### Entries supplied
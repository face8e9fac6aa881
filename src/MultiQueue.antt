-- ===== src/MultiQueue.antt =====
-- `multi_queue` of include/multi_queue.h: an array of lock-free queues, each with the state of its
-- own arena. `tid` is the thread that calls; the calls have no other thread between. An index
-- outside the array fails the assertion.
pub mod RoundRobin
use lock_free.Common.{
  ℕ, zero, suc, ◌+◌, ◌%◌, ◌^◌, Bool, none, some, List, [], ◌∷◌, ltb, if◌then◌else◌, length,
}
use lock_free.Types.{Result, lockfree}
use lock_free.Command.{Command, pure, ◌>>=◌, ◌>>◌}
use lock_free.ThreadMap.{ThreadMap}
use lock_free.ThreadMap
use lock_free.NodeArena.{NodeArena}
use lock_free.Queue.Ops.{Queue, size_imp}
use lock_free.Queue.Ops as QueueOps
use lock_free.Queue.LockFree as QueueLockFree

-- `m_th_map`, `m_array` and `m_ndx_pop`
pub record MultiQueue (S : Type 0) : Type 0 where
  pub th_map : ThreadMap
  pub array : List (Queue S)
  pub ndx_pop : ℕ

module _ {S : Type 0} where
  -- A call on `m_array[id]`.
  unfoldable pub on_queue : {B : Type 0} → ℕ → Command (Queue S) B → Command (List (Queue S)) B
  on_queue id m [] = none
  on_queue zero m (q ∷ qs) = elim (m q) [ none ↦ none | some (b, q') ↦ some (b, q' ∷ qs) ]
  on_queue (suc id) m (q ∷ qs) = elim (on_queue id m qs) [
    | none ↦ none
    | some (b, qs') ↦ some (b, q ∷ qs')
  ]

  abbrev pub in_array : {B : Type 0} → Command (List (Queue S)) B → Command (MultiQueue S) B
  in_array m mq = elim (m mq.array) [
    | none ↦ none
    | some (b, qs) ↦ some (b, record mq { array = qs })
  ]

module _ {V : Type 0} (arena : NodeArena V) (size_bits : ℕ) where
  open arena use {State}

  -- The loop of `clear` over the array.
  unfoldable pub clear_all : Command (List (Queue State)) (Unit {0})
  clear_all [] = some (tt, [])
  clear_all (q ∷ qs) = elim (QueueOps.clear arena q) [
    | none ↦ none
    | some (_, q') ↦ elim (clear_all qs) [ none ↦ none | some (_, qs') ↦ some (tt, q' ∷ qs') ]
  ]

  unfoldable pub clear : Command (MultiQueue State) (Unit {0})
  clear = in_array clear_all

  -- The loop of `size`; the sum wraps.
  unfoldable pub size_all : (total : ℕ) → Command (List (Queue State)) ℕ
  size_all total [] = some (total, [])
  size_all total (q ∷ qs) = elim (size_imp arena lockfree q) [
    | none ↦ none
    | some (n, q') ↦ elim (size_all ((total + n) % 2 ^ size_bits) qs) [
      | none ↦ none
      | some (m, qs') ↦ some (m, q' ∷ qs')
    ]
  ]

  unfoldable pub size : Command (MultiQueue State) ℕ
  size = in_array (size_all 0)

  unfoldable pub size_at : (id : ℕ) → Command (MultiQueue State) ℕ
  size_at id = in_array (on_queue id (size_imp arena lockfree))

  unfoldable pub push_at : (id : ℕ) → List Bool → V → Command (MultiQueue State) Result
  push_at id rounds item = in_array (on_queue id (QueueLockFree.push arena lockfree rounds item))

  unfoldable pub get_id : (tid : ℕ) → Command (MultiQueue State) ℕ
  get_id tid mq =
      let (number, th_map) = ThreadMap.add size_bits tid mq.th_map in
      some (number % length mq.array, record mq { th_map = th_map })

  unfoldable pub push : (tid : ℕ) → List Bool → V → Command (MultiQueue State) Result
  push tid rounds item = get_id tid >>= λ id. push_at id rounds item

  unfoldable pub pop_at : (id : ℕ) → List Bool → V → Command (MultiQueue State) (Result × V)
  pop_at id rounds item = in_array (on_queue id (QueueLockFree.pop arena lockfree rounds item))

  -- `m_ndx_pop` moves on, and the queue it named is asked.
  unfoldable pub pop : List Bool → V → Command (MultiQueue State) (Result × V)
  pop rounds item mq =
      let qid = mq.ndx_pop in
      let next = if ltb (qid + 1) (length mq.array) then qid + 1 else 0 in
      pop_at qid rounds item (record mq { ndx_pop = next })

### Your goal
Set down the entries above again, word for word.

### Response to the task
repository face8e9fac6aa881
filename src/MultiQueue.antt
-- ===== src/MultiQueue.antt =====
-- `multi_queue` of include/multi_queue.h: an array of lock-free queues, each with the state of its
-- own arena. `tid` is the thread that calls; the calls have no other thread between. An index
-- outside the array fails the assertion.
pub mod RoundRobin
use lock_free.Common.{
  ℕ, zero, suc, ◌+◌, ◌%◌, ◌^◌, Bool, none, some, List, [], ◌∷◌, ltb, if◌then◌else◌, length,
}
use lock_free.Types.{Result, lockfree}
use lock_free.Command.{Command, pure, ◌>>=◌, ◌>>◌}
use lock_free.ThreadMap.{ThreadMap}
use lock_free.ThreadMap
use lock_free.NodeArena.{NodeArena}
use lock_free.Queue.Ops.{Queue, size_imp}
use lock_free.Queue.Ops as QueueOps
use lock_free.Queue.LockFree as QueueLockFree

-- `m_th_map`, `m_array` and `m_ndx_pop`
pub record MultiQueue (S : Type 0) : Type 0 where
  pub th_map : ThreadMap
  pub array : List (Queue S)
  pub ndx_pop : ℕ

module _ {S : Type 0} where
  -- A call on `m_array[id]`.
  unfoldable pub on_queue : {B : Type 0} → ℕ → Command (Queue S) B → Command (List (Queue S)) B
  on_queue id m [] = none
  on_queue zero m (q ∷ qs) = elim (m q) [ none ↦ none | some (b, q') ↦ some (b, q' ∷ qs) ]
  on_queue (suc id) m (q ∷ qs) = elim (on_queue id m qs) [
    | none ↦ none
    | some (b, qs') ↦ some (b, q ∷ qs')
  ]

  abbrev pub in_array : {B : Type 0} → Command (List (Queue S)) B → Command (MultiQueue S) B
  in_array m mq = elim (m mq.array) [
    | none ↦ none
    | some (b, qs) ↦ some (b, record mq { array = qs })
  ]

module _ {V : Type 0} (arena : NodeArena V) (size_bits : ℕ) where
  open arena use {State}

  -- The loop of `clear` over the array.
  unfoldable pub clear_all : Command (List (Queue State)) (Unit {0})
  clear_all [] = some (tt, [])
  clear_all (q ∷ qs) = elim (QueueOps.clear arena q) [
    | none ↦ none
    | some (_, q') ↦ elim (clear_all qs) [ none ↦ none | some (_, qs') ↦ some (tt, q' ∷ qs') ]
  ]

  unfoldable pub clear : Command (MultiQueue State) (Unit {0})
  clear = in_array clear_all

  -- The loop of `size`; the sum wraps.
  unfoldable pub size_all : (total : ℕ) → Command (List (Queue State)) ℕ
  size_all total [] = some (total, [])
  size_all total (q ∷ qs) = elim (size_imp arena lockfree q) [
    | none ↦ none
    | some (n, q') ↦ elim (size_all ((total + n) % 2 ^ size_bits) qs) [
      | none ↦ none
      | some (m, qs') ↦ some (m, q' ∷ qs')
    ]
  ]

  unfoldable pub size : Command (MultiQueue State) ℕ
  size = in_array (size_all 0)

  unfoldable pub size_at : (id : ℕ) → Command (MultiQueue State) ℕ
  size_at id = in_array (on_queue id (size_imp arena lockfree))

  unfoldable pub push_at : (id : ℕ) → List Bool → V → Command (MultiQueue State) Result
  push_at id rounds item = in_array (on_queue id (QueueLockFree.push arena lockfree rounds item))

  unfoldable pub get_id : (tid : ℕ) → Command (MultiQueue State) ℕ
  get_id tid mq =
      let (number, th_map) = ThreadMap.add size_bits tid mq.th_map in
      some (number % length mq.array, record mq { th_map = th_map })

  unfoldable pub push : (tid : ℕ) → List Bool → V → Command (MultiQueue State) Result
  push tid rounds item = get_id tid >>= λ id. push_at id rounds item

  unfoldable pub pop_at : (id : ℕ) → List Bool → V → Command (MultiQueue State) (Result × V)
  pop_at id rounds item = in_array (on_queue id (QueueLockFree.pop arena lockfree rounds item))

  -- `m_ndx_pop` moves on, and the queue it named is asked.
  unfoldable pub pop : List Bool → V → Command (MultiQueue State) (Result × V)
  pop rounds item mq =
      let qid = mq.ndx_pop in
      let next = if ltb (qid + 1) (length mq.array) then qid + 1 else 0 in
      pop_at qid rounds item (record mq { ndx_pop = next })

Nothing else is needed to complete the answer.